• [Exercise prompt] Find every line below where the word "unfolding" occurs. Then say how many there are, giving only the number.

==== Data for the task

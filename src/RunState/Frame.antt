-- ===== src/RunState/Frame.antt =====
-- What the commands of scripts/run-state.py change in the entries of the VMs, and what they keep.
use Prim.Native.String.{String}
use pulsaros_testbed.Prelude.{
  apart, ◌≡◌, ◌≢◌, refl, sym, ◌∙◌, ap, arith, not, ◌==◌, eq_iff, Option, none, some, Outcome, ok,
  >>=-elim, ok-injective, subst, die_if, [], ◌∷◌, snoc, Bool-cases, inl, inr,
}
use pulsaros_testbed.Value.{
  Value, str, dict, list, nil, Fields, end, field, field?, get_or, or_default, get_field, put_field,
  as_dict, truthy,
}
use pulsaros_testbed.Value.FieldLaws.{field?-put_field}
use pulsaros_testbed.RunState.{
  at_key, change_vm, World, Clock, ensure_state, set_vm, phase_entry, add_phase, cmd_vm, cmd_sdn,
  cmd_init, SdnKind, sync_hosts, cmd_sync_topology, previous_state, previous_vms, new_state,
  topology_resources, carry_vms,
}
use pulsaros_testbed.RunState.Nested.{change_vm-lem, vm_of, mapping_at}
use pulsaros_testbed.RunState.Guard.{Keeps, saved-kept, phases_of, listed, add_phase-lem}

pub vm_of-same :
    (s t : Fields) (host : String)
    → field? "resources" s ≡ field? "resources" t
    → vm_of host s ≡ vm_of host t
unfolding mapping_at
vm_of-same s t host h = rw h refl

put-same : (k : String) (v : Value) (fs : Fields) → field? k (put_field k v fs) ≡ some v
put-same k v fs = ground (arith, field?-put_field k k v fs, eq_iff k k)

put-other :
    (j k : String) (v : Value) (fs : Fields) → j ≢ k → field? k (put_field j v fs) ≡ field? k fs
put-other j k v fs h = ground (arith, field?-put_field j k v fs, eq_iff j k)

pub status-address : ◌≢◌ {A = String} "management_ip" "status"
status-address = apart "management_ip" "status" refl

module _ (status management_ip : String) (vm : Fields) where
  set_vm-status : field? "status" (set_vm status management_ip vm) ≡ some (str status)
  unfolding set_vm
  set_vm-status = elim (Bool-cases (management_ip == "")) [
    | inl none' ↦ rw (set_vm, none') (put-same "status" (str status) vm)
    | inr given ↦
        rw (set_vm, given)
          (put-other "management_ip" "status" (str management_ip)
              (put_field "status" (str status) vm) status-address
            ∙ put-same "status" (str status) vm)
  ]

  set_vm-no_address :
      management_ip ≡ ""
      → field? "management_ip" (set_vm status management_ip vm) ≡ field? "management_ip" vm
  unfolding set_vm
  set_vm-no_address e =
      rw (set_vm, (eq_iff management_ip "").1 e)
        (put-other "status" "management_ip" (str status) vm (λ h. status-address (sym h)))

  set_vm-address :
      management_ip ≢ ""
      → field? "management_ip" (set_vm status management_ip vm) ≡ some (str management_ip)
  unfolding set_vm
  set_vm-address e = elim (Bool-cases (management_ip == "")) [
    | inl none' ↦ absurd (e ((eq_iff management_ip "").0 none'))
    | inr given ↦
        rw (set_vm, given)
          (put-same "management_ip" (str management_ip) (put_field "status" (str status) vm))
  ]

  set_vm-other :
      (k : String)
      → "status" ≢ k
      → "management_ip" ≢ k
      → field? k (set_vm status management_ip vm) ≡ field? k vm
  unfolding set_vm
  set_vm-other k a b = elim (Bool-cases (management_ip == "")) [
    | inl none' ↦ rw (set_vm, none') (put-other "status" k (str status) vm a)
    | inr given ↦
        rw (set_vm, given)
          (put-other "management_ip" k (str management_ip) (put_field "status" (str status) vm) b
            ∙ put-other "status" k (str status) vm a)
  ]

module _ (clock : Clock) (w w' : World) where
  -- When `cmd_vm` succeeds it went on from the state that `ensure_state` returned; the entry of
  -- its VM has the new status, the new address if one is given and else the old one, and keeps
  -- every other field; the entries of the other VMs and every field beside "resources" and
  -- "updated_at" are kept.
  pub cmd_vm-lem :
      (host status management_ip run_id : String)
      → cmd_vm clock host status management_ip run_id w ≡ ok w'
      → (s : Fields) × (ensure_state clock w run_id ≡ ok s)
        × (field? "status" (vm_of host w'.state) ≡ some (str status))
        × (management_ip ≡ ""
            → field? "management_ip" (vm_of host w'.state) ≡ field? "management_ip" (vm_of host s))
        × (management_ip ≢ ""
            → field? "management_ip" (vm_of host w'.state) ≡ some (str management_ip))
        × ((k : String)
            → "status" ≢ k
            → "management_ip" ≢ k
            → field? k (vm_of host w'.state) ≡ field? k (vm_of host s))
        × ((other : String) → host ≢ other → vm_of other w'.state ≡ vm_of other s)
        × Keeps ("resources" ∷ "updated_at" ∷ []) s w'.state
  unfolding cmd_vm
  cmd_vm-lem host status management_ip run_id h =
      >>=-elim (ensure_state clock w run_id) _ h λ s q rest.
        >>=-elim (change_vm host (set_vm status management_ip) s) _ rest λ done q' saved.
          let keeps = saved-kept clock w w' done (ok-injective saved) in
          let same = λ (o : String). vm_of-same w'.state done o (keeps "resources" (λ e. cc)) in
          let (mine, others, kept) = change_vm-lem host (set_vm status management_ip) s done q' in
          let entry = λ (k : String). ap (field? k) (same host ∙ mine) in
          let old = vm_of host s in
          (
            s,
            q,
            entry "status" ∙ set_vm-status status management_ip old,
            λ e. entry "management_ip" ∙ set_vm-no_address status management_ip old e,
            λ e. entry "management_ip" ∙ set_vm-address status management_ip old e,
            λ k a b. entry k ∙ set_vm-other status management_ip old k a b,
            λ other apart. same other ∙ others other apart,
            λ k apart. keeps k apart.1.0 ∙ kept k apart.0,
          )

  pub at_key-lem :
      (k : String) (d : Fields) (change : Value → Outcome Fields) (fs r : Fields)
      → at_key k d change fs ≡ ok r
      → (g : Fields) × (r ≡ put_field k (dict g) fs)
  unfolding at_key
  at_key-lem k d change fs r h =
      >>=-elim (change (get_or k (dict d) fs)) _ h λ g _ done. (g, sym (ok-injective done))

  -- `cmd_sdn` keeps everything beside "resources".
  pub cmd_sdn-lem :
      (kind : SdnKind) (name status run_id : String)
      → cmd_sdn clock kind name status run_id w ≡ ok w'
      → (s : Fields) × (ensure_state clock w run_id ≡ ok s)
        × Keeps ("resources" ∷ "updated_at" ∷ []) s w'.state
  unfolding cmd_sdn
  cmd_sdn-lem kind name status run_id h = >>=-elim (ensure_state clock w run_id) _ h λ s q rest.
      >>=-elim (at_key "resources" end _ s) _ rest λ done q' saved.
        let keeps = saved-kept clock w w' done (ok-injective saved) in
        let (g, shape) = at_key-lem "resources" end _ s done q' in
        (
          s,
          q,
          λ k apart.
              keeps k apart.1.0
              ∙ ground (arith, field?-put_field "resources" k (dict g) s, eq_iff "resources" k),
        )

listed-default : (o : Option Value) → listed (some (or_default o (list nil))) ≡ listed o
listed-default none = refl
listed-default (some v) = refl

pub phases-run_id : ◌≢◌ {A = String} "phases" "run_id"
phases-run_id = apart "phases" "run_id" refl

updated-run_id : ◌≢◌ {A = String} "updated_at" "run_id"
updated-run_id = apart "updated_at" "run_id" refl

-- Every field of a VM's entry but its address.
abbrev pub KeepsVms : Fields → Fields → Type 0
KeepsVms s t =
    (host k : String) → "management_ip" ≢ k → field? k (vm_of host t) ≡ field? k (vm_of host s)

sync_hosts-lem :
    (s r hosts : Fields)
    → sync_hosts s hosts ≡ ok r
    → KeepsVms s r × ((k : String) → "resources" ≢ k → field? k r ≡ field? k s)
unfolding sync_hosts
sync_hosts-lem s r end h =
    let same : s ≡ r = ok-injective h in
    (λ host k _. ap (λ x. field? k (vm_of host x)) (sym same), λ k _. ap (field? k) (sym same))
sync_hosts-lem s r (field name host rest) h0 = >>=-elim (as_dict host) _ h0 λ fs _ h1.
    let address = get_or "management_ip" (str "") fs in
    >>=-elim (change_vm name (put_field "management_ip" address) s) _ h1 λ changed q h2.
      let (mine, others, kept) =
        change_vm-lem name (put_field "management_ip" address) s changed q in
      let (later, frame) = sync_hosts-lem changed r rest h2 in
      (
        λ o k apart. later o k apart ∙ elim (Bool-cases (name == o)) [
          | inl same ↦
              let at : name ≡ o = ground (arith, eq_iff name o) in
              subst (λ x. field? k (vm_of x changed) ≡ field? k (vm_of x s)) at
                (ap (field? k) mine
                  ∙ ground (
                    arith,
                    field?-put_field "management_ip" k address (vm_of name s),
                    eq_iff "management_ip" k,
                  ))
          | inr differ ↦ ap (field? k) (others o (ground (arith, eq_iff name o)))
        ],
        λ k apart. frame k apart ∙ kept k apart,
      )

module _ (clock : Clock) (w w' : World) where
  -- When `cmd_sync_topology` succeeds it went on from the state that `ensure_state` returned, and
  -- it kept every field of every VM entry but the address, and every field of the state beside
  -- "resources" and "updated_at".
  pub cmd_sync_topology-lem :
      (run_id : String)
      → cmd_sync_topology clock run_id w ≡ ok w'
      → (s : Fields) × (ensure_state clock w run_id ≡ ok s)
        × KeepsVms s w'.state
        × Keeps ("resources" ∷ "updated_at" ∷ []) s w'.state
  unfolding cmd_sync_topology
  cmd_sync_topology-lem run_id h = >>=-elim (ensure_state clock w run_id) _ h λ s q rest.
      >>=-elim (as_dict (get_or "hosts" (dict end) w.topology)) _ rest λ hosts _ rest'.
        >>=-elim (sync_hosts s hosts) _ rest' λ done q' saved.
          let keeps = saved-kept clock w w' done (ok-injective saved) in
          let (vms, frame) = sync_hosts-lem s done hosts q' in
          (
            s,
            q,
            λ host k apart.
                ap (field? k) (vm_of-same w'.state done host (keeps "resources" (λ e. cc)))
                ∙ vms host k apart,
            λ k apart. keeps k apart.1.0 ∙ frame k apart.0,
          )

  -- `cmd_init` goes on from the phases of the same run.
  pub cmd_init-phases :
      (phase : String)
      → cmd_init clock phase w ≡ ok w'
      → (phases_of w'.state
          ≡ snoc
              (phases_of (previous_state w))
              (dict (phase_entry phase "started" clock.appended_at "")))
        × (field? "run_id" w'.state ≡ some (get_field "run_id" w.topology))
  unfolding cmd_init
  cmd_init-phases phase e0 =
      >>=-elim (die_if (not (truthy (dict w.topology))) "artifacts/topology.json not found") _ e0
        λ _ _ e1. >>=-elim (previous_vms (previous_state w)) _ e1 λ vms _ e2.
          >>=-elim (topology_resources w.topology) _ e2 λ resources _ e3.
            >>=-elim (as_dict (get_field "vms" resources)) _ e3 λ declared _ e4.
              >>=-elim (carry_vms vms declared) _ e4 λ kept _ e5.
                let fresh =
                  new_state clock phase w.topology (previous_state w)
                    (put_field "vms" (dict kept) resources) in
                >>=-elim (add_phase phase "started" clock.appended_at "" fresh) _ e5 λ done q saved.
                  let keeps = saved-kept clock w w' done (ok-injective saved) in
                  let entry : Value = dict (phase_entry phase "started" clock.appended_at "") in
                  let (grown, same) =
                    add_phase-lem phase "started" clock.appended_at "" fresh done q in
                  (
                    unfold phases_of in
                        (ap listed (keeps "phases" (λ e. cc))
                          ∙ grown
                          ∙ ap (λ l. snoc l entry)
                              (unfold new_state get_or in
                                listed-default (field? "phases" (previous_state w)))),
                    keeps "run_id" updated-run_id
                        ∙ same "run_id" phases-run_id
                        ∙ unfold new_state field? in refl,
                  )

========

• [Finished exercise] 11